I like the overall look of this frog alot.

----------


## Deejay Mayweather

> Why do wild stock get bigger then cb stock. Can some one enlighten me please.


Ive recently heard of this not being true. Its just that the people that collect them from the wild collect the biggest ones, Now imagine going round the world collecting all the biggest cb ones from peoples homes you would also get monsters. That being said it all depends on the frog itself and its diet.

thanks

----------


## Eel Noob

> Ive recently heard of this not being true. Its just that the people that collect them from the wild collect the biggest ones, Now imagine going round the world collecting all the biggest cb ones from peoples homes you would also get monsters. That being said it all depends on the frog itself and its diet.
> 
> thanks


Interesting point. If I was collecting wild specimens I'll probably go for size first and colors second.

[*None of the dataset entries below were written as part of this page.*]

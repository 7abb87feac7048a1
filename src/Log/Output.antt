-- ===== src/Log/Output.antt =====
-- bcirc_printf and bcirc_log of src/log.c. The text of bcirc_printf is what its format gives; the
-- clock, the date and the file system are an environment.
pub mod Lines
use bcirc.Base.{
  ℕ, zero, suc, Bytes, codes, List, [], ◌∷◌, ◌++◌, Option, none, some, ℤ, pos, negsuc, Bool, true,
  false, if◌then◌else◌,
}
use bcirc.Log.Format.{printed}

-- What strftime gives for the prefix of a line and for a file's name, BCIRC_LOG_DIR, whether that is a
-- directory or can be made one, and whether the file can be opened.
pub record Environment : Type 0 where
  pub time_prefix : Bytes
  pub log_name_time : Bytes
  pub log_dir : Option Bytes
  pub dir_ready : Bool
  pub file_opens : Bool

-- What was written to the screen and, with the files' names, to the log files.
pub record Written : Type 0 where
  pub screen : Bytes
  pub files : List (Bytes × Bytes)

-- A value returned, the end of the process, undefined behaviour, or (not a behaviour of the code) no
-- fuel left.
pub data Logging : Type 0 where
  wrote : ℤ → Written → Logging
  exited : Logging
  faulty : Logging
  spent : Logging

-- `new_output`.
abbrev pub stamped : Environment → Bytes → Bytes
stamped e text = e.time_prefix ++ (codes " | " ++ text)

-- `file_to_write`.
abbrev pub file_to_write : Bytes → Bytes → Environment → Bytes
file_to_write dir file e = dir ++ codes "/" ++ file ++ codes "." ++ e.log_name_time ++ codes ".log"

abbrev pub file_or_main : Option Bytes → Bytes
file_or_main none = codes "mainlog"
file_or_main (some file) = file

-- The `printf` behind a call of bcirc_log, whose value is dropped.
abbrev pub then_screen : Bytes → ℤ → Logging → Logging
then_screen text value (wrote res w) = wrote value (record w { screen = w.screen ++ text })
then_screen text value exited = exited
then_screen text value faulty = faulty
then_screen text value spent = spent

abbrev pub to_file : Environment → Bytes → Bytes → Bytes → Written → Logging
to_file e dir file output w =
    if e.dir_ready
    then (if e.file_opens
        then wrote (pos 1) (record w { files = w.files ++ (file_to_write dir file e, output) ∷ [] })
        else faulty)
    else exited

abbrev pub not_set : Bytes
not_set = codes "BCIRC_LOG_DIR is not set!\n"

-- `str` is a format without arguments. Without a directory bcirc_printf is called, which calls
-- bcirc_log.
unfoldable pub bcirc_log : ℕ → Environment → Bytes → Option Bytes → Written → Logging
bcirc_log zero e str file w = spent
bcirc_log (suc fuel) e str file w = elim (printed str) [
  | none ↦ faulty
  | some output ↦ elim e.log_dir [
    | none ↦
        then_screen (stamped e not_set) (negsuc 0) (bcirc_log fuel e (stamped e not_set) none w)
    | some dir ↦ to_file e dir (file_or_main file) output w
  ]
]

unfoldable pub bcirc_printf : ℕ → Environment → Bytes → Written → Logging
unfolding bcirc_log
bcirc_printf fuel e text w =
    then_screen (stamped e text) (pos 1) (bcirc_log fuel e (stamped e text) none w)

Imagine if breeders were to start breeding only the largest pyxies to each other only and not just throwing a bunch of different size specimens together.

----------


## Deejay Mayweather

> Interesting point. If I was collecting wild specimens I'll probably go for size first and colors second.
> 
> 
> Imagine if breeders were to start breeding only the largest pyxies to each other only and not just throwing a bunch of different size specimens together.

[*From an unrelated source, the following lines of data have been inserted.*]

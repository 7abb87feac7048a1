-- ===== src/MessageQueue.antt =====
-- The queue of outgoing messages of src/irc.c: add_to_privmsg_queue, which any thread calls, and
-- handle_privmsg_queue, the loop of the one thread that sends. The queue's mutex
-- (global_msglist_mutex) is held by each insertion, and by a round that sees a message before it locks:
-- only the sending thread takes messages out, so such a round is one step. A round that sees none does
-- not lock, and waits with pthread_cond_wait on a mutex that it does not own, which is undefined. The
-- other mutex (local_mutex) is part of the state, since it is not released on every path.
pub mod System
pub mod Draining
pub mod Rate
mod Tests
use bcirc.Base.{
  ℕ, zero, suc, ◌+◌, ◌/◌, Bytes, List, [], ◌∷◌, ◌++◌, Option, none, some, Bool, true, false, ◌==◌,
  leb, if◌then◌else◌, length, get_elem?, set, get_or,
}

abbrev pub max_msg_count : ℕ
max_msg_count = 9

abbrev pub history_size : ℕ
history_size = 5

pub record MsgInfo : Type 0 where
  pub msg : Bytes
  pub target : Bytes
  pub srv : ℕ
  pub drop : ℕ  -- may be dropped if not 0

-- The globals and statics of the file. `last_message_times` is the array that the loop reads.
pub record Queue : Type 0 where
  pub msg_list : List MsgInfo
  pub local_locked : Bool
  pub handler_started : Bool
  pub last_message_times : List ℕ

abbrev pub empty_queue : Queue
empty_queue = record {
  msg_list = [];
  local_locked = false;
  handler_started = false;
  last_message_times = 0 ∷ 0 ∷ 0 ∷ 0 ∷ 0 ∷ [];
}

-- A call that waits for a mutex which nobody will release does not return.
pub data Added : Type 0 where
  blocked : Added
  returned : ℕ → Queue → Added

-- The return for a full queue leaves `local_mutex` locked, as the source does.
unfoldable pub add_to_privmsg_queue : Bytes → Bytes → ℕ → ℕ → Queue → Added
add_to_privmsg_queue message to server may_drop q =
    if q.local_locked
    then blocked
    else if leb max_msg_count (length q.msg_list)
    then returned 0 (record q { local_locked = true })
    else returned 1 (record q {
      msg_list =
          q.msg_list ++ record { msg = message; target = to; srv = server; drop = may_drop } ∷ [];
      handler_started = true;
    })

-- What a round does with the first message: `privmsg`, at once or after a sleep, or nothing.
pub data Outcome : Type 0 where
  sent : MsgInfo → Outcome
  slept_and_sent : MsgInfo → Outcome
  dropped : MsgInfo → Outcome

sum : List ℕ → ℕ
sum [] = 0
sum (t ∷ ts) = t + sum ts

unfoldable pub average_timestamp : List ℕ → ℕ
unfolding sum
average_timestamp times = sum times / history_size

-- `time_now - avarage_timestamp <= 300000`, on times that are not negative.
unfoldable pub decide_message : ℕ → List ℕ → MsgInfo → Outcome
unfolding average_timestamp
decide_message time_now times m =
    if leb time_now (average_timestamp times + 300000)
    then (if m.drop == 0 then slept_and_sent m else dropped m)
    else sent m

-- `for (i = n; i > 0; i--) t[i] = t[i-1]`. The source starts at `history_size`, one past the end
-- of the array: that write is outside of it and changes nothing here.
unfoldable pub shift_times : ℕ → List ℕ → List ℕ
shift_times zero times = times
shift_times (suc i) times = shift_times i (set times (suc i) (get_or times i 0))

abbrev pub next_times : ℕ → List ℕ → List ℕ
next_times time_after times = set (shift_times history_size times) 0 time_after

-- One round, at the time before and the time after the message. With no message, `none`: the thread
-- waits on a mutex that it has not locked.
unfoldable pub handle_round : ℕ → ℕ → Queue → Option (Outcome × Queue)
unfolding decide_message shift_times
handle_round time_now time_after q = elim q.msg_list [
  | [] ↦ none
  | m ∷ ms ↦ some (
    decide_message time_now q.last_message_times m,
    record q { msg_list = ms; last_message_times = next_times time_after q.last_message_times },
  )
]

Thats exactly what needs to be done!!!

----------


## MonsterPyxie

poor thing  :Frown: 

A pyxie that nice needs a huge nice place to live. Not some soaked moss, and a bowl he can hardly fit in  :Frown:  He could probably break the glass or knock over that little 10gal if he jumped at all.

----------


## Jimifrog

Monster, you are right.  He definitely needs something bigger.  I may have to sneak him into the house today.

----------


## BG

> I was on Kingsnake and found a picture of the beast.  The picture doesn't do him justice.  They should put a small buffalo next to it for perspective..   He is 300 big ones too


I saw him too on kS.  He is 5 inches and over a pound

----------

pac

----------


## BG

Great info guys ,,about the size.That makes sance. That's what info they give u on kingsnake. they have a female for 350 ,and the male is 300. In the pic he looks bigger.  Poor guy,let's go rescuing him. We should all chip in and get him and make him the forums mescott.

----------


## Jimifrog

I am up for that. If anybody wants to chip in on the rescue, that would be awesome too.  I will head out today and grab him.

----------


## Devonte's Phat Frogs

Did you guys see the female she is 1 pounder to they have some blue pacs

----------


## Jimifrog

The female is huge.  In fact, they have a breeding pair of ABF that may be bigger than the two they are selling on Kingsnake.  I bought a baby pixie from them last week (Minion).  Yesterday, they had a cane toad.  That thing was humongous, as well.

----------


## BG

Pac i wouldnt get the blue one. I heard they dont live long and they are 300 bucks. :Frown:

----------


## Sublime

> Pac i wouldnt get the blue one. I heard they dont live long and they are 300 bucks.


You can pick up samurai blue's for like $50 as babies.  I was at the NARBC in Anaheim a few days ago and they were there.  Aren't they just Cranwelli's with a certain hereditary trait, don't see why they wouldn't live long.  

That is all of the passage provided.